Globalement, s'il n'y a pas de symptômes tout va bien, on est en santé, enfin on ne dit pas on est en santé, mais si on n'a pas de symptômes tout va bien, on ne s'inquiète de rien, on continue comme si de rien n'était, et puis s'il y a des symptômes qui apparaissent c'est l'affolement, il faut agir tout de suite, au moindre petit symptôme, et on fonce chez le médecin pour qu'il généralement nous prescrive des traitements qui vont permettre de
supprimer ou d'amoindrir le symptôme.

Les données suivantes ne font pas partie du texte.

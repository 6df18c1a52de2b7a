-- ===== src/GitHub.antt =====
-- The package pkg/github.
pub mod Api
pub mod App
pub mod Mock
pub mod Files
pub mod Installed
pub mod Paging
pub mod Examples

Alors on va me dire peut-être que je suis un peu caricatural dans la façon de présenter, mais il faut c'est de constater quand même que l'essentiel de notre travail en matière de santé n'est pas dans le domaine de la prévention, mais dans le domaine du traitement du symptôme, c'est-à-dire que tant qu'il n'y a rien, tout va bien.
Moi j'ai envie de vous poser la question, est-ce que le symptôme est vraiment un baromètre de notre santé ? Donc le symptôme qu'est-ce que c'est ? Le symptôme, ça vient du mot grec « coïncidence », c'est décrit comme un signe fonctionnel de la maladie.
Donc c'est le signe de la maladie, donc il y a quelque chose en amont, et le symptôme c'est un signe. Alors de ce côté-là on est d'accord. Alors sauf qu'il y a des maladies qui sont dites faiblement symptomatiques, et d'autres même qui sont dites asymptomatiques.
Tu peux avoir une énorme tumeur au cerveau par exemple qui se développe, et c'est totalement asymptomatique jusqu'au dernier moment. Donc le symptôme est un signal, Ce n'est pas le problème.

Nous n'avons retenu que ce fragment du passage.